Не удостоив Грэхема ответом, Драко дал стрекоча. Монтегю же, проводив второкурсника многообещающим взглядом, заторопился в слизеринскую гостиную. Там он проворно достал из сумки пергамент и перья и, от усердия закусив кончик языка, принялся строчить валентинки на имя Дурко Малфоя. Грэхем так увлекся процессом, что не заметил, как над ним навис Флинт:
— Я смотрю, тебе тут очень весело?
По спине Монтегю пробежал холодок.
— О, признаешься в любви Малфою! — нарочито громко продолжил Флинт, разглядывая одну из записок.
Вокруг захихикали. Монтегю был готов сквозь землю провалиться.
— И чего ты к нему цепляешься? — Флинт раздосадованно смял горстку валентинок. — Он ведь извинился и даже снитч поймал…
Не замечая разъяренного взгляда Грэхема, Маркус похлопал приятеля по плечу и, насвистывая, удалился в спальню семикурсников.
Там он резво запрыгнул на кровать, разложил перед собой пергаменты и перья и, гнусно хихикая, вывел первое “Любимый мой Дурко Малфой!”
— Чем занимаешься? — в комнату, почесывая пузо, вошел Дэррик.
— Да так… Грэх шутку придумал, — Флинт с гордостью продемонстрировал другу изобилующую сердечками и цветочками записку.
— Ну кто так сердечки рисует? — не впечатлился Дэррик. — И вообще, ты до вечера собираешься с этим возиться? Смотри и учись!
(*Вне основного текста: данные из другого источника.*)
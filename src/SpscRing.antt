-- ===== src/SpscRing.antt =====
-- firmware/include/spscring.h: the indices of the change log's ring, which run freely in 32 bits. A
-- capacity is a power of two, so the mask with `cap - 1` is the remainder.
pub mod Queue
pub mod Refine
use cardiag.Base.{
  Option, if◌then◌else◌, leb, ltb, none, some, sub32, suc, u32, zero, ℕ, ◌%◌, ◌*◌, ◌+◌, ◌/◌, ◌==◌,
}

-- `struct SpscRing`
pub record SpscRing : Type 0 where
  pub head : ℕ
  pub tail : ℕ
  pub cap : ℕ

-- The loop of `spscPow2Floor`; 32 doublings are enough for a 32-bit number.
unfoldable pub double_loop : ℕ → ℕ → ℕ → ℕ
double_loop zero n p = p
double_loop (suc fuel) n p =
    let rest = double_loop fuel n (p * 2) in if leb p (n / 2) then rest else p

-- `spscPow2Floor`
unfoldable pub spsc_pow2_floor : ℕ → ℕ
spsc_pow2_floor n = if n == 0 then 0 else double_loop 32 n 1

-- `spscInit`
unfoldable pub spsc_init : ℕ → SpscRing
spsc_init cap = record { head = 0; tail = 0; cap = spsc_pow2_floor cap }

-- `spscReserve`
unfoldable pub spsc_reserve : SpscRing → Option ℕ
spsc_reserve r =
    if r.cap == 0
    then none
    else if leb r.cap (sub32 r.head r.tail)
    then none
    else some (r.head % r.cap)

-- `spscPublish`
unfoldable pub spsc_publish : SpscRing → SpscRing
spsc_publish r = record r { head = u32 (r.head + 1) }

-- `spscCount`
abbrev pub spsc_count : SpscRing → ℕ
spsc_count r = sub32 r.head r.tail

-- `spscSlot`
abbrev pub spsc_slot : SpscRing → ℕ → ℕ
spsc_slot r i = u32 (r.tail + i) % r.cap

-- `spscConsume`, without the number that it returns.
unfoldable pub spsc_consume : SpscRing → ℕ → SpscRing
spsc_consume r n = record r {
  tail = u32 (r.tail + (if ltb (spsc_count r) n then spsc_count r else n));
}
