-- ===== src/SpscRing/Queue.antt =====
-- The ring with its rows is a bounded queue.
use Prim.Native.Nat.{◌∣◌}
use native.Mathlib.Nat.{mod-mod_of_dvd, mod-add-mod, mod-eq_of_lt, mod-eq-sub-mod, mod-lt}
use cardiag.Base.{
  ==_iff, Bool-cases, List, [], ap, arith, drop, false, if◌then◌else◌, inl, inr, ltb, ltb→lt, refl,
  sub32, suc, sym, true, u32, zero, ℕ, ◌%◌, ◌++◌, ◌+◌, ◌-◌, ◌<◌, ◌==◌, ◌^◌, ◌∙◌, ◌∷◌, ◌≡◌, ◌≢◌, ◌≤◌,
}
use cardiag.SpscRing.{SpscRing, spsc_publish, spsc_count, spsc_slot}

-- A ring whose capacity is a power of two, with no more rows than it has slots.
pub record IsValid (r : SpscRing) : Type 0 where
  pub divides : r.cap ∣ 2 ^ 32
  pub some_slot : 0 < r.cap
  pub small : r.cap < 2 ^ 32
  pub head_word : r.head < 2 ^ 32
  pub tail_word : r.tail < 2 ^ 32
  pub fits : spsc_count r ≤ r.cap

pub mod_other : (x d c : ℕ) → 0 < d → d < c → x % c ≢ (x + d) % c
mod_other x d c p l e =
    let r : x % c < c = mod-lt x (omega arith) in
    let s : (x % c + d) % c ≡ (x + d) % c = mod-add-mod x c d in
    let w : (x % c + d) % c ≡ x % c = s ∙ sym e in
    elim (Bool-cases (ltb (x % c + d) c)) [
      | inl b ↦
          let k : (x % c + d) % c ≡ x % c + d = mod-eq_of_lt (ltb→lt _ _ b) in absurd (omega arith)
      | inr b ↦
          let ge : c ≤ x % c + d = ground arith in
          let k : (x % c + d) % c ≡ (x % c + d - c) % c = mod-eq-sub-mod ge in
          let less : x % c + d - c < c = omega arith in
          let j : (x % c + d - c) % c ≡ x % c + d - c = mod-eq_of_lt less in absurd (omega arith)
    ]

pub other : (a b : ℕ) → a ≢ b → (a == b) ≡ false
other a b n = ground (arith, n)

-- The wrap of an index does not show in its slot.
slot_lem : (r : SpscRing) (i : ℕ) → IsValid r → spsc_slot r i ≡ (r.tail + i) % r.cap
slot_lem r i v = mod-mod_of_dvd r.cap (r.tail + i) v.divides

head_slot : (r : SpscRing) → IsValid r → r.head % r.cap ≡ spsc_slot r (spsc_count r)
head_slot r v =
    let h = v.head_word in
    let t = v.tail_word in
    let e : u32 (r.tail + spsc_count r) ≡ r.head = omega arith in ap (λ x. x % r.cap) (sym e)

module _ {ℓ} {A : Type ℓ} where
  -- `n` rows from the `i`-th unconsumed one on.
  abbrev pub rows_from : SpscRing → (ℕ → A) → ℕ → ℕ → List A
  rows_from r rows i zero = []
  rows_from r rows i (suc n) = rows (spsc_slot r i) ∷ rows_from r rows (i + 1) n

  -- The rows that are not consumed, the oldest first.
  abbrev pub contents : SpscRing → (ℕ → A) → List A
  contents r rows = rows_from r rows 0 (spsc_count r)

  -- What the producer does with the slot that it got.
  abbrev pub fill : (ℕ → A) → ℕ → A → ℕ → A
  fill rows slot x i = if i == slot then x else rows i

  filled_keeps :
      (r : SpscRing) (rows : ℕ → A) (x : A) (i n : ℕ)
      → IsValid r
      → spsc_count r < r.cap
      → i + n ≤ spsc_count r
      → rows_from r (fill rows (r.head % r.cap) x) i n ≡ rows_from r rows i n
  filled_keeps r rows x i zero v f l = refl
  filled_keeps r rows x i (suc n) v f l =
      let h = head_slot r v in
      let a = slot_lem r i v in
      let b = slot_lem r (spsc_count r) v in
      let d = mod_other (r.tail + i) (spsc_count r - i) r.cap (omega arith) (omega arith) in
      let e : r.tail + i + (spsc_count r - i) ≡ r.tail + spsc_count r = omega arith in
      let o : (spsc_slot r i == r.head % r.cap) ≡ false =
        other _ _ (λ z. d (sym a ∙ z ∙ h ∙ b ∙ ap (λ y. y % r.cap) (sym e))) in
      rw o (ap (◌∷◌ (rows (spsc_slot r i))) (filled_keeps r rows x (i + 1) n v f (omega arith)))

  rows_from-publish :
      (r : SpscRing) (rows : ℕ → A) (i n : ℕ)
      → rows_from (spsc_publish r) rows i n ≡ rows_from r rows i n
  unfolding spsc_publish
  rows_from-publish r rows i zero = refl
  rows_from-publish r rows i (suc n) =
      ap (◌∷◌ (rows (spsc_slot r i))) (rows_from-publish r rows (i + 1) n)

  rows_from_last :
      (r : SpscRing) (rows : ℕ → A) (i n : ℕ)
      → rows_from r rows i (suc n) ≡ rows_from r rows i n ++ (rows (spsc_slot r (i + n)) ∷ [])
  rows_from_last r rows i zero =
      let e : i ≡ i + 0 = omega arith in ap (λ j. rows (spsc_slot r j) ∷ []) e
  rows_from_last r rows i (suc n) =
      let e : i + 1 + n ≡ i + suc n = omega arith in
      ap (◌∷◌ (rows (spsc_slot r i))) (
        rows_from_last r rows (i + 1) n
        ∙ ap (λ j. rows_from r rows (i + 1) n ++ (rows (spsc_slot r j) ∷ [])) e)

  drop-rows_from :
      (r : SpscRing) (rows : ℕ → A) (i k n : ℕ)
      → k ≤ n
      → drop k (rows_from r rows i n) ≡ rows_from r rows (i + k) (n - k)
  drop-rows_from r rows i zero n l =
      let e : i ≡ i + 0 = omega arith in
      let m : n ≡ n - 0 = omega arith in
      ap (λ j. rows_from r rows j n) e ∙ ap (λ w. rows_from r rows (i + 0) w) m
  drop-rows_from r rows i (suc k) zero l = absurd (omega arith)
  drop-rows_from r rows i (suc k) (suc n) l =
      let e : i + 1 + k ≡ i + suc k = omega arith in
      let m : n - k ≡ suc n - suc k = omega arith in
      drop-rows_from r rows (i + 1) k n (omega arith)
      ∙ ap (λ j. rows_from r rows j (n - k)) e
      ∙ ap (λ w. rows_from r rows (i + suc k) w) m

  rows_from-moved :
      (r : SpscRing) (rows : ℕ → A) (k i n : ℕ)
      → rows_from (record r { tail = u32 (r.tail + k) }) rows i n ≡ rows_from r rows (k + i) n
  rows_from-moved r rows k i zero = refl
  rows_from-moved r rows k i (suc n) =
      let s : u32 (u32 (r.tail + k) + i) ≡ u32 (r.tail + (k + i)) = omega arith in
      let e : k + (i + 1) ≡ k + i + 1 = omega arith in
      rw s (
        ap (◌∷◌ (rows (spsc_slot r (k + i))))
          (rows_from-moved r rows k (i + 1) n ∙ ap (λ j. rows_from r rows j n) e))

  -- The rows after the oldest `n` are given back are those behind them.
  pub contents-spsc_consume :
      (r : SpscRing) (rows : ℕ → A) (k : ℕ)
      → IsValid r
      → k ≤ spsc_count r
      → contents (record r { tail = u32 (r.tail + k) }) rows ≡ drop k (contents r rows)
  contents-spsc_consume r rows k v l =
      let h = v.head_word in
      let t = v.tail_word in
      let c : sub32 r.head (u32 (r.tail + k)) ≡ spsc_count r - k = omega arith in
      let e : k + 0 ≡ 0 + k = omega arith in
      rows_from-moved r rows k 0 (sub32 r.head (u32 (r.tail + k)))
      ∙ ap (λ n. rows_from r rows (k + 0) n) c
      ∙ ap (λ j. rows_from r rows j (spsc_count r - k)) e
      ∙ sym (drop-rows_from r rows 0 k (spsc_count r) l)

  -- A row that the producer writes and publishes is the youngest one, and changes no other.
  pub contents-spsc_publish :
      (r : SpscRing) (rows : ℕ → A) (x : A)
      → IsValid r
      → spsc_count r < r.cap
      → contents (spsc_publish r) (fill rows (r.head % r.cap) x) ≡ contents r rows ++ (x ∷ [])
  unfolding spsc_publish
  contents-spsc_publish r rows x v f =
      let h = v.head_word in
      let t = v.tail_word in
      let s = v.small in
      let c : sub32 (u32 (r.head + 1)) r.tail ≡ suc (spsc_count r) = omega arith in
      let new = fill rows (r.head % r.cap) x in
      let own : (r.head % r.cap == r.head % r.cap) ≡ true = (==_iff _ _).1 refl in
      let z : 0 + spsc_count r ≡ spsc_count r = omega arith in
      let at : r.head % r.cap ≡ spsc_slot r (0 + spsc_count r) =
        head_slot r v ∙ ap (spsc_slot r) (sym z) in
      let last : new (spsc_slot r (0 + spsc_count r)) ≡ x =
        ap new (sym at) ∙ ap (λ b. if b then x else rows (r.head % r.cap)) own in
      rows_from-publish r new 0 (sub32 (u32 (r.head + 1)) r.tail)
      ∙ ap (λ n. rows_from r new 0 n) c
      ∙ rows_from_last r new 0 (spsc_count r)
      ∙ ap (λ y. rows_from r new 0 (spsc_count r) ++ (y ∷ [])) last
      ∙ ap (λ l. l ++ (x ∷ [])) (filled_keeps r rows x 0 (spsc_count r) v f (omega arith))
С этими словами Перегрин взмахнул палочкой, произнес незамысловатое заклинание, и в мгновение ока сделал из одной записки сотню.
— Не боишься, что с такими методами твои девушки заподозрят неладное? — усмехнулся Маркус, сгребая валентинки в сумку.
— Пока никто не жаловался, — Дэррик расплылся в улыбке.
Шел урок трансфигурации, МакГонагалл разглагольствовала у доски по поводу превращения земли в камень, все сосредоточенно скрипели перьями, и только Драко вяло ковырялся палочкой в стоящем перед ним горшке с черноземом. Крэбб с Гойлом нервничали и ерзали на стульях – их валентинка для Драко, написанная в спешке в темной и узкой кабинке туалета во время обеденного перерыва, задерживалась. Словно прочитав их мысли, в кабинет ввалился гном. Крэбб и Гойл просияли.